* TASK PROMPT
Would you retype each of the records exactly as shown?

START EXERCISE INPUT

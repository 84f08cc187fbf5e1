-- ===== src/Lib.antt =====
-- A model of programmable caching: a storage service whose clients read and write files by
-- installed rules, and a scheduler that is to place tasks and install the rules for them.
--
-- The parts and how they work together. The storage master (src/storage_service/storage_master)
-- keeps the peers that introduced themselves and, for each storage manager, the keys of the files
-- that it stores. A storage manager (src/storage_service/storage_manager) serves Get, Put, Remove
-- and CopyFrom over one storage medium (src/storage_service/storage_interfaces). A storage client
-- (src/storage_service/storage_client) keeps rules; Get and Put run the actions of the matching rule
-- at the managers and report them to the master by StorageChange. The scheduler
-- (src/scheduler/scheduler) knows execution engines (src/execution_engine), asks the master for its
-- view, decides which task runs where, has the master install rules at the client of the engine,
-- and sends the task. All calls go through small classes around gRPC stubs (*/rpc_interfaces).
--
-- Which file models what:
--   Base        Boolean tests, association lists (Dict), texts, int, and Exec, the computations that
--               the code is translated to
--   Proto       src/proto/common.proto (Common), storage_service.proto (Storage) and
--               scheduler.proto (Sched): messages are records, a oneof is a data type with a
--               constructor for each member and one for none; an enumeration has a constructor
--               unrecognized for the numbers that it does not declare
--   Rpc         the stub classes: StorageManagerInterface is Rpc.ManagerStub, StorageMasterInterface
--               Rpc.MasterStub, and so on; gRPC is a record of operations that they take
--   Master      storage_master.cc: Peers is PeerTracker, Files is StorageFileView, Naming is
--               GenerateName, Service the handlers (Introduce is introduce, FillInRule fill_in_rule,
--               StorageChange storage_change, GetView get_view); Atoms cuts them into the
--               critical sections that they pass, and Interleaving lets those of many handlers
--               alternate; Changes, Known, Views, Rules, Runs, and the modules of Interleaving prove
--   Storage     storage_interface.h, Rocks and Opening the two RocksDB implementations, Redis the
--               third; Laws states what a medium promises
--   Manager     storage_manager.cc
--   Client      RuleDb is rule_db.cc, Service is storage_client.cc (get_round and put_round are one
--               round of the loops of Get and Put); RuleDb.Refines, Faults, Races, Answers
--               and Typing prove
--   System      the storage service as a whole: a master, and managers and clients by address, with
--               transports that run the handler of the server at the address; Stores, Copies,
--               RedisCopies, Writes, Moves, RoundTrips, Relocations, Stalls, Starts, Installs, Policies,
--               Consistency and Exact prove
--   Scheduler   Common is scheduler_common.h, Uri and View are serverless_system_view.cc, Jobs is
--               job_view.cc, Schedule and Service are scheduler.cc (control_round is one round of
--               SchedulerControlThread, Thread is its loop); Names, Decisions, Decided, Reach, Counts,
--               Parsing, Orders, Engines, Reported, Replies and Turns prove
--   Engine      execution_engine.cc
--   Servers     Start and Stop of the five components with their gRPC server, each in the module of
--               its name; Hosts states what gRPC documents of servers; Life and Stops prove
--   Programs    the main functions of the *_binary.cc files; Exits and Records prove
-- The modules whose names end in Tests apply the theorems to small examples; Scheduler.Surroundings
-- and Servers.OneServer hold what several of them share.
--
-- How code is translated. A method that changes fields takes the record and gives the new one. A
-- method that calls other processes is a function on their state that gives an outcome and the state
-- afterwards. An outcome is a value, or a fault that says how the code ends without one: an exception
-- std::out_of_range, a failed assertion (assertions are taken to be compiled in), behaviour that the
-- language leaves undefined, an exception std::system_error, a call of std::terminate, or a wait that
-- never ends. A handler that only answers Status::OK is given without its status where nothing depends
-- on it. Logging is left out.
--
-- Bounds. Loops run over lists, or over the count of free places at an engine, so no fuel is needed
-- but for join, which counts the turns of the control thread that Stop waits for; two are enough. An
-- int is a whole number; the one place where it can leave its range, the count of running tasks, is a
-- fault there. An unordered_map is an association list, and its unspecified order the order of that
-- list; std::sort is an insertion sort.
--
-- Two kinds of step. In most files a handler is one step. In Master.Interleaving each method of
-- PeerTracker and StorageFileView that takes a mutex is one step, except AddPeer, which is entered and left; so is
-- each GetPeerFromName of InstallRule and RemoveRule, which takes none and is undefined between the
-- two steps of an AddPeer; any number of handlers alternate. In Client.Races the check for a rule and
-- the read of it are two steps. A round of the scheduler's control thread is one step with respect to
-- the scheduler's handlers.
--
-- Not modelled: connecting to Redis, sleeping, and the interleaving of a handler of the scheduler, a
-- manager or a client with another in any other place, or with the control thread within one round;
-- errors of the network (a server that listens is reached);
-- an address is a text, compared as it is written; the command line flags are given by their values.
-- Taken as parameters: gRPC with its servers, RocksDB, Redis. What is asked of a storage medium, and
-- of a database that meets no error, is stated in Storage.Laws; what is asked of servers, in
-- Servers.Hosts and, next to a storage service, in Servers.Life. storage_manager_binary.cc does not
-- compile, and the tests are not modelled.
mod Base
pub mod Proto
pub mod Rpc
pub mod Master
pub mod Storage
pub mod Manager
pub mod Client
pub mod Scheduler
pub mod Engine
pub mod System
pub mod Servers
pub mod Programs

END EXERCISE INPUT

* SOLUTION
repository 84f08cc187fbf5e1
-- ===== src/Lib.antt =====
-- A model of programmable caching: a storage service whose clients read and write files by
-- installed rules, and a scheduler that is to place tasks and install the rules for them.
--
-- The parts and how they work together. The storage master (src/storage_service/storage_master)
-- keeps the peers that introduced themselves and, for each storage manager, the keys of the files
-- that it stores. A storage manager (src/storage_service/storage_manager) serves Get, Put, Remove
-- and CopyFrom over one storage medium (src/storage_service/storage_interfaces). A storage client
-- (src/storage_service/storage_client) keeps rules; Get and Put run the actions of the matching rule
-- at the managers and report them to the master by StorageChange. The scheduler
-- (src/scheduler/scheduler) knows execution engines (src/execution_engine), asks the master for its
-- view, decides which task runs where, has the master install rules at the client of the engine,
-- and sends the task. All calls go through small classes around gRPC stubs (*/rpc_interfaces).
--
-- Which file models what:
--   Base        Boolean tests, association lists (Dict), texts, int, and Exec, the computations that
--               the code is translated to
--   Proto       src/proto/common.proto (Common), storage_service.proto (Storage) and
--               scheduler.proto (Sched): messages are records, a oneof is a data type with a
--               constructor for each member and one for none; an enumeration has a constructor
--               unrecognized for the numbers that it does not declare
--   Rpc         the stub classes: StorageManagerInterface is Rpc.ManagerStub, StorageMasterInterface
--               Rpc.MasterStub, and so on; gRPC is a record of operations that they take
--   Master      storage_master.cc: Peers is PeerTracker, Files is StorageFileView, Naming is
--               GenerateName, Service the handlers (Introduce is introduce, FillInRule fill_in_rule,
--               StorageChange storage_change, GetView get_view); Atoms cuts them into the
--               critical sections that they pass, and Interleaving lets those of many handlers
--               alternate; Changes, Known, Views, Rules, Runs, and the modules of Interleaving prove
--   Storage     storage_interface.h, Rocks and Opening the two RocksDB implementations, Redis the
--               third; Laws states what a medium promises
--   Manager     storage_manager.cc
--   Client      RuleDb is rule_db.cc, Service is storage_client.cc (get_round and put_round are one
--               round of the loops of Get and Put); RuleDb.Refines, Faults, Races, Answers
--               and Typing prove
--   System      the storage service as a whole: a master, and managers and clients by address, with
--               transports that run the handler of the server at the address; Stores, Copies,
--               RedisCopies, Writes, Moves, RoundTrips, Relocations, Stalls, Starts, Installs, Policies,
--               Consistency and Exact prove
--   Scheduler   Common is scheduler_common.h, Uri and View are serverless_system_view.cc, Jobs is
--               job_view.cc, Schedule and Service are scheduler.cc (control_round is one round of
--               SchedulerControlThread, Thread is its loop); Names, Decisions, Decided, Reach, Counts,
--               Parsing, Orders, Engines, Reported, Replies and Turns prove
--   Engine      execution_engine.cc
--   Servers     Start and Stop of the five components with their gRPC server, each in the module of
--               its name; Hosts states what gRPC documents of servers; Life and Stops prove
--   Programs    the main functions of the *_binary.cc files; Exits and Records prove
-- The modules whose names end in Tests apply the theorems to small examples; Scheduler.Surroundings
-- and Servers.OneServer hold what several of them share.
--
-- How code is translated. A method that changes fields takes the record and gives the new one. A
-- method that calls other processes is a function on their state that gives an outcome and the state
-- afterwards. An outcome is a value, or a fault that says how the code ends without one: an exception
-- std::out_of_range, a failed assertion (assertions are taken to be compiled in), behaviour that the
-- language leaves undefined, an exception std::system_error, a call of std::terminate, or a wait that
-- never ends. A handler that only answers Status::OK is given without its status where nothing depends
-- on it. Logging is left out.
--
-- Bounds. Loops run over lists, or over the count of free places at an engine, so no fuel is needed
-- but for join, which counts the turns of the control thread that Stop waits for; two are enough. An
-- int is a whole number; the one place where it can leave its range, the count of running tasks, is a
-- fault there. An unordered_map is an association list, and its unspecified order the order of that
-- list; std::sort is an insertion sort.
--
-- Two kinds of step. In most files a handler is one step. In Master.Interleaving each method of
-- PeerTracker and StorageFileView that takes a mutex is one step, except AddPeer, which is entered and left; so is
-- each GetPeerFromName of InstallRule and RemoveRule, which takes none and is undefined between the
-- two steps of an AddPeer; any number of handlers alternate. In Client.Races the check for a rule and
-- the read of it are two steps. A round of the scheduler's control thread is one step with respect to
-- the scheduler's handlers.
--
-- Not modelled: connecting to Redis, sleeping, and the interleaving of a handler of the scheduler, a
-- manager or a client with another in any other place, or with the control thread within one round;
-- errors of the network (a server that listens is reached);
-- an address is a text, compared as it is written; the command line flags are given by their values.
-- Taken as parameters: gRPC with its servers, RocksDB, Redis. What is asked of a storage medium, and
-- of a database that meets no error, is stated in Storage.Laws; what is asked of servers, in
-- Servers.Hosts and, next to a storage service, in Servers.Life. storage_manager_binary.cc does not
-- compile, and the tests are not modelled.
mod Base
pub mod Proto
pub mod Rpc
pub mod Master
pub mod Storage
pub mod Manager
pub mod Client
pub mod Scheduler
pub mod Engine
pub mod System
pub mod Servers
pub mod Programs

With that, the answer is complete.